Sanctions, what sanctions? Kim Jong-un is partying like it’s 1999.
Data released today by South Korea’s central bank (link in Korean) showed that in 2016 North Korea’s economy grew by 3.9% from a year earlier, the fastest pace in 17 years, and bouncing back from 2015 when its economy contracted by 1.1% largely because of drought.
North Korea’s trade volume also increased 4.6% from a year earlier; one estimate says that North Korean mineral exports to China accounted for 54% (paywall) of trade with China in the first half of 2016. (North Korea has vast mineral resources.)
As China is Pyongyang’s largest trading partner, the latest figures will likely lead to more vocal calls from the international community for Beijing to do more to pressure its increasingly belligerent neighbor.
Last week, China said that trade with North Korea grew over 10% to $2.55 billion in the first six months of 2017 from a year ago, but maintained that its trade relationship with North Korea does not violate any sanctions. China in February said it would suspend coal imports from North Korea.
South Korea has been providing estimates on North Korea’s economy since 1995 as Pyongyang doesn’t publish its own statistics. Some experts, however, cast doubt on the accuracy of South Korea’s figures because of the opacity of information coming out of North Korea.
Henri Féron, a Korea expert at Columbia University, noted in a recent piece that there are multiple signs that North Korea’s economy is booming—and not all of it can be dismissed as mere Potemkin showpieces.
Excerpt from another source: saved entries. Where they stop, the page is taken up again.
-- ===== src/Simulation/Moving.antt =====
-- `WorldCmd_TryToUpdatePlayerMovement`
-- (src/NECROWorld/Server/Simulation/WorldCmds/PlayerWorldCmds.cpp) and `SavePlayerOnDatabase`
-- (WorldSimulation.cpp) on a valid simulation.
use necro_mmo.Common.{
  ℕ, ◌≡◌, refl, sym, ap, ◌∙◌, ◌≢◌, ◌⊎◌, Option, none, some, ◌==◌, arith, Bool, Bool-cases,
  Option-cases, inl, inr, ==→eq, [], ◌∷◌, true, false, not, ◌++◌, ◌<◌, ◌≤◌, length, some_unique,
}
use necro_mmo.Common.Dict.{lookup, insert, lookup-insert}
use necro_mmo.Entity.{Fpu, Entity, send_movement_correction}
use necro_mmo.Entity.Corrections.{
  correction_bytes, next_epoch, send_movement_correction-epoch, send_movement_correction-SameBody,
}
use necro_mmo.Packet.{Packet}
use necro_mmo.Zone.{Zone, store_entity}
use necro_mmo.Zone.Upkeep.{Alike, store-IsValid}
use necro_mmo.Simulation.{Simulation, Pointer, Movement, Save, put_zone}
use necro_mmo.Simulation.Invariant.{IsValid, Holds-put, owner}
use necro_mmo.Simulation.Departures.{Player, registered-Player, target_lem}
use necro_mmo.Simulation.Commands.{try_to_move, write_target, moved, is_refused, save_player}

-- The statement that saves a player's entity.
abbrev pub save_of : Entity → Save
save_of e = record {
  level = e.level;
  xp = e.xp;
  zone = e.zone;
  pos_x = e.pos_x;
  pos_y = e.pos_y;
  pos_z = e.pos_z;
  char_id = e.char_id;
}

-- On a valid simulation a save always ends. A player that is registered is saved, with its
-- character's level, experience, zone and id and the position that its entity has, after whatever
-- was saved before; nothing else of the simulation changes. One that is not registered is not
-- saved, and nothing changes.
pub save_player_lem :
    (g : ℕ) (s : Simulation)
    → IsValid s
    → (s' : Simulation) × (done : Bool) × (save_player g s ≡ some (s', done))
      × IsValid s'
      × (done ≡ false → (s' ≡ s) × (lookup g s.players ≡ none))
      × (done ≡ true
          → (p : Pointer) × (x : Player s g p) × (lookup g s.players ≡ some p)
            × (s' ≡ record s { saved = s.saved ++ save_of x.entity ∷ [] }))
unfolding save_player
save_player_lem g s h = elim (Option-cases (lookup g s.players)) [
  | inl unknown ↦ (s, false, rw (unknown, save_player), h, λ _. (refl, unknown), λ e. cc)
  | inr (p, known) ↦
      let x = registered-Player s g p h known in
      (
        record s { saved = s.saved ++ save_of x.entity ∷ [] },
        true,
        rw (known, save_player, target_lem s g p x),
        h,
        λ e. cc,
        λ _. (p, x, known, refl),
      )
]

-- A position that the server believes: three finite numbers and one of the directions, not too far from
-- where the entity is.
pub record Plausible (fpu : Fpu) (m : Movement) (e : Entity) : Type 0 where
  pub finite_x : fpu.is_finite m.pos_x ≡ true
  pub finite_y : fpu.is_finite m.pos_y ≡ true
  pub finite_z : fpu.is_finite m.pos_z ≡ true
  pub direction : m.iso_direction < 8
  pub near_x : fpu.too_far m.pos_x e.pos_x ≡ false
  pub near_y : fpu.too_far m.pos_y e.pos_y ≡ false

refused-implausible :
    (fpu : Fpu) (m : Movement) (e : Entity) → is_refused fpu m e ≡ true → Plausible fpu m e → ⊥
refused-implausible fpu m e bad h =
    ground (arith, h.finite_x, h.finite_y, h.finite_z, h.direction, h.near_x, h.near_y, bad)

believed-Plausible :
    (fpu : Fpu) (m : Movement) (e : Entity) → is_refused fpu m e ≡ false → Plausible fpu m e
believed-Plausible fpu m e good = record {
  finite_x = ground (arith, good);
  finite_y = ground (arith, good);
  finite_z = ground (arith, good);
  direction = ground (arith, good);
  near_x = ground (arith, good);
  near_y = ground (arith, good);
}

-- What a movement packet does to the entity. An answer to an older correction does nothing; a
-- plausible position is believed; and any other is refused by a correction with the position that the
-- entity keeps, where its queue has room, and else by nothing.
pub record Moves (fpu : Fpu) (m : Movement) (e e' : Entity) : Type 0 where
  pub alike : Alike e e'
  pub owner : e'.char_id ≡ e.char_id
  pub stale : m.acked_correction_id ≢ e.last_correction_id → e' ≡ e
  pub believed :
      m.acked_correction_id ≡ e.last_correction_id
      → Plausible fpu m e
      → e' ≡ record e {
        pos_x = m.pos_x;
        pos_y = m.pos_y;
        pos_z = m.pos_z;
        iso_direction = m.iso_direction;
      }
  pub refused :
      m.acked_correction_id ≡ e.last_correction_id
      → (Plausible fpu m e → ⊥)
      → (p : Packet) × (p.bytes ≡ correction_bytes (next_epoch e) m.seq e)
        × (length e.packet_queue < 1000
            → e' ≡ record e {
              packet_queue = e.packet_queue ++ p ∷ [];
              last_correction_id = next_epoch e;
            })
        × (1000 ≤ length e.packet_queue → e' ≡ e)

moved-Moves :
    (fpu : Fpu) (m : Movement) (e : Entity)
    → (e' : Entity) × (moved fpu m e ≡ some e') × Moves fpu m e e'
unfolding moved
moved-Moves fpu m e = elim (Bool-cases (not (m.acked_correction_id == e.last_correction_id))) [
  | inl stale ↦ (
    e,
    rw stale,
    record {
      alike = record { guid = refl; zone = refl; cell = refl; grid_x = refl; grid_y = refl };
      owner = refl;
      stale = λ _. refl;
      believed = λ a _. absurd (ground (arith, a));
      refused = λ a _. absurd (ground (arith, a));
    },
  )
  | inr fresh ↦ elim (Bool-cases (is_refused fpu m e)) [
    | inl bad ↦
        let (e', sent, corrected, same) = send_movement_correction-SameBody m.seq e in
        let (p, bytes, with_room, when_full) = send_movement_correction-epoch m.seq e in
        (
          e',
          rw (fresh, bad, corrected),
          record {
            alike = record {
              guid = same.guid;
              zone = same.zone;
              cell = same.cell;
              grid_x = same.grid_x;
              grid_y = same.grid_y;
            };
            owner = same.owner;
            stale = λ n. absurd (n (ground arith));
            believed = λ _ h. absurd (refused-implausible fpu m e bad h);
            refused = λ _ _. (
              p,
              bytes,
              λ room. corrected_once m.seq e e' sent corrected (with_room room),
              λ full. corrected_once m.seq e e' sent corrected (when_full full),
            );
          },
        )
    | inr good ↦ (
      record e {
        pos_x = m.pos_x;
        pos_y = m.pos_y;
        pos_z = m.pos_z;
        iso_direction = m.iso_direction;
      },
      rw (fresh, good),
      record {
        alike = record { guid = refl; zone = refl; cell = refl; grid_x = refl; grid_y = refl };
        owner = refl;
        stale = λ n. absurd (n (ground arith));
        believed = λ _ _. refl;
        refused = λ _ n. absurd (n (believed-Plausible fpu m e good));
      },
    )
  ]
]
  where
    corrected_once :
        {f : Entity}
        → {done : Bool} → (seq : ℕ) (e e' : Entity) (sent : Bool)
        → send_movement_correction seq e ≡ some (e', sent)
        → send_movement_correction seq e ≡ some (f, done)
        → e' ≡ f
    corrected_once {f} {done} seq e e' sent p q =
        ap (λ x. x.0) (some_unique (send_movement_correction seq e) (e', sent) (f, done) p q)

write_target_lem :
    (p : Pointer) (f : Entity → Option Entity) (z : Zone) (e e' : Entity) (s : Simulation)
    → lookup p.in_zone s.zones ≡ some z
    → lookup p.guid z.entities ≡ some e
    → f e ≡ some e'
    → write_target p f s ≡ some (put_zone p.in_zone (store_entity p.guid e' z) s)
unfolding write_target
write_target_lem p f z e e' s kz ke w = rw (kz, write_target, ke, w)

-- A movement packet on a valid simulation follows no dangling pointer and leaves it valid. Without a
-- registered player it does nothing. Otherwise it changes that player's entity alone: not at all for
-- an old epoch; to the position and direction that the client says when these are plausible, that is
-- finite, one of the eight directions and not too far from where the entity is; and for any other, the
-- correction with the position that the entity keeps is queued last under the next epoch, or nothing
-- changes where the queue is full.
pub try_to_move-IsValid :
    (fpu : Fpu) (g : ℕ) (m : Movement) (s : Simulation)
    → IsValid s
    → (s' : Simulation) × (try_to_move fpu g m s ≡ some s')
      × IsValid s'
      × (s'.next_guid ≡ s.next_guid)
      × (((lookup g s.players ≡ none) × (s' ≡ s))
          ⊎ ((p : Pointer) × (x : Player s g p) × (e' : Entity) × (lookup g s.players ≡ some p)
              × Moves fpu m x.entity e'
              × (s' ≡ put_zone p.in_zone (store_entity p.guid e' x.zone) s)))
unfolding try_to_move
try_to_move-IsValid fpu g m s h = elim (Option-cases (lookup g s.players)) [
  | inl unknown ↦ (s, rw (unknown, try_to_move), h, refl, inl (unknown, refl))
  | inr (p, known) ↦
      let x = registered-Player s g p h known in
      let (e', w, moves) = moved-Moves fpu m x.entity in
      let (v, id) = h.zones_valid p.in_zone x.zone x.zone_known in
      let found = ap (λ k. lookup k x.zone.entities) x.named ∙ x.known in
      (
        put_zone p.in_zone (store_entity p.guid e' x.zone) s,
        rw (known, try_to_move)
            (write_target_lem p (moved fpu m) x.zone x.entity e' s x.zone_known found w),
        Holds-put s.zones s.players s.char_id_to_guid s.next_guid p.in_zone x.zone
            (store_entity p.guid e' x.zone) h x.zone_known
            (store-IsValid x.zone p.guid x.entity e' v found moves.alike) refl
            (λ k. owner_stored p.guid k x.zone x.entity e' found moves.owner),
        refl,
        inr (p, x, e', known, moves, refl),
      )
]
  where
    owner_stored :
        (g k : ℕ) (z : Zone) (e e' : Entity)
        → lookup g z.entities ≡ some e
        → e'.char_id ≡ e.char_id
        → owner (lookup k (insert g e' z.entities)) ≡ owner (lookup k z.entities)
    owner_stored g k z e e' found same = elim (Bool-cases (g == k)) [
      | inl here ↦
          ap owner (lookup-insert g k e' z.entities)
          ∙ (rw here (ap (λ c. some c) same)
              ∙ (sym (ap owner found) ∙ ap (λ j. owner (lookup j z.entities)) (==→eq g k here)))
      | inr other ↦ ap owner (lookup-insert g k e' z.entities) ∙ rw other refl
    ]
There is a construction boom of high-rise buildings in the capital—foreign journalists visiting Pyongyang were treated to a first look at luxury residential developments—and residents can now shop at a Muji-like Chinese chain.
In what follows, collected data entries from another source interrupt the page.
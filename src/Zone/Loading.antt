-- ===== src/Zone/Loading.antt =====
-- `LoadZoneFromMap` (src/NECROWorld/Server/Simulation/Maps/Zone.cpp): the cell map of a new zone.
use necro_mmo.Common.{
  ℕ, zero, suc, ◌+◌, ◌*◌, ◌<◌, ◌≡◌, refl, ap, ◌∙◌, some, List, [], ◌∷◌, ◌++◌, length, arith,
}
use necro_mmo.Common.Int.{pos}
use necro_mmo.Zone.{Cell, load, load_row, load_rows}
use necro_mmo.Zone.Placement.{IsValid, corner, here_at, count}

length-load_row : (left x y id : ℕ) → length (load_row left x y id) ≡ left
unfolding load_row
length-load_row zero x y id = refl
length-load_row (suc left) x y id = ap suc (length-load_row left (x + 1) y (id + 1))

corner-append_left : (cs ds : List Cell) (i : ℕ) → i < length cs → corner (cs ++ ds) i ≡ corner cs i
corner-append_left [] ds i h = elim h [ ]
corner-append_left (c ∷ cs) ds zero h = refl
corner-append_left (c ∷ cs) ds (suc i) h = corner-append_left cs ds i (omega arith)

corner-append_right : (cs ds : List Cell) (i : ℕ) → corner (cs ++ ds) (length cs + i) ≡ corner ds i
corner-append_right [] ds i = ap (corner ds) (omega arith)
corner-append_right (c ∷ cs) ds i =
    let e : suc (length cs) + i ≡ suc (length cs + i) = omega arith in
    ap (corner (c ∷ (cs ++ ds))) e ∙ corner-append_right cs ds i

corner-load_row :
    (left x y id i : ℕ) → i < left → corner (load_row left x y id) i ≡ some (pos (x + i), pos y)
unfolding load_row
corner-load_row zero x y id i h = elim h [ ]
corner-load_row (suc left) x y id zero h = ap (λ k. some (pos k, pos y)) (omega arith)
corner-load_row (suc left) x y id (suc i) h =
    let e : x + 1 + i ≡ x + suc i = omega arith in
    corner-load_row left (x + 1) y (id + 1) i (omega arith) ∙ ap (λ k. some (pos k, pos y)) e

corner-load_rows :
    (left w y id j i : ℕ)
    → j < left
    → i < w
    → corner (load_rows left w y id) (j * w + i) ≡ some (pos i, pos (y + j))
unfolding load_rows
corner-load_rows zero w y id j i hj hi = elim hj [ ]
corner-load_rows (suc left) w y id zero i hj hi =
    let row = load_row w 0 y id in
    let rest = load_rows left w (y + 1) (id + w) in
    let e : zero * w + i ≡ i = omega arith in
    let e' : 0 + i ≡ i = omega arith in
    let ey : y ≡ y + 0 = omega arith in
    ap (corner (row ++ rest)) e
    ∙ (corner-append_left row rest i (omega (arith, length-load_row w 0 y id))
        ∙ (corner-load_row w 0 y id i hi
            ∙ (ap (λ k. some (pos k, pos y)) e' ∙ ap (λ k. some (pos i, pos k)) ey)))
corner-load_rows (suc left) w y id (suc j) i hj hi =
    let row = load_row w 0 y id in
    let rest = load_rows left w (y + 1) (id + w) in
    let e : suc j * w + i ≡ length row + (j * w + i) = grind (arith, length-load_row w 0 y id) in
    let ey : y + 1 + j ≡ y + suc j = omega arith in
    ap (corner (row ++ rest)) e
    ∙ (corner-append_right row rest (j * w + i)
        ∙ (corner-load_rows left w (y + 1) (id + w) j i (omega arith) hi
            ∙ ap (λ k. some (pos i, pos k)) ey))

count-append_cells :
    (cs ds : List Cell) (g : ℕ)
    → ((i : ℕ) → count g (here_at cs i) ≡ 0)
    → ((i : ℕ) → count g (here_at ds i) ≡ 0)
    → (i : ℕ) → count g (here_at (cs ++ ds) i) ≡ 0
count-append_cells [] ds g p q i = q i
count-append_cells (c ∷ cs) ds g p q zero = p zero
count-append_cells (c ∷ cs) ds g p q (suc i) = count-append_cells cs ds g (λ k. p (suc k)) q i

count-load_row : (left x y id g i : ℕ) → count g (here_at (load_row left x y id) i) ≡ 0
unfolding load_row
count-load_row zero x y id g i = refl
count-load_row (suc left) x y id g zero = refl
count-load_row (suc left) x y id g (suc i) = count-load_row left (x + 1) y (id + 1) g i

count-load_rows : (left w y id g i : ℕ) → count g (here_at (load_rows left w y id) i) ≡ 0
unfolding load_rows
count-load_rows zero w y id g i = refl
count-load_rows (suc left) w y id g i =
    count-append_cells (load_row w 0 y id) (load_rows left w (y + 1) (id + w)) g
      (count-load_row w 0 y id g) (count-load_rows left w (y + 1) (id + w) g) i

-- A map that is loaded has, at the index `y * width + x`, the cell with the coordinates (x, y), and
-- nobody in it: the zone is valid.
pub load-IsValid : (zone_id map_id w h : ℕ) → IsValid (load zone_id map_id w h)
unfolding load
load-IsValid zone_id map_id w h = record {
  distinct = tt;
  grid =
      λ x y hx hy. corner-load_rows h w 0 0 y x hy hx ∙ ap (λ k. some (pos x, pos k)) (omega arith);
  placed = λ g i. count-load_rows h w 0 0 g i;
  located = λ g e k. cc;
}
North Korea also imported a record number (paywall) of tablets and laptops from China in 2016. Overall, these developments show the growing role of the market economy (paywall) under Kim’s rule, challenging the “common prejudice that North Korea must be one of the poorest countries in the world,” according to Féron.
To be sure, many of these developments are likely restricted to North Korea’s capital city, which Kim is eager to showcase to visiting journalists and other dignitaries, while keeping access to the often deeply impoverished rural areas heavily restricted. And yesterday (July 20) the UN’s Food and Agriculture Organization announced North Korea’s food production could be seriously damaged by the country’s most serious drought since 2001. That should also temper any rosy outlook for North Korea’s economy this year.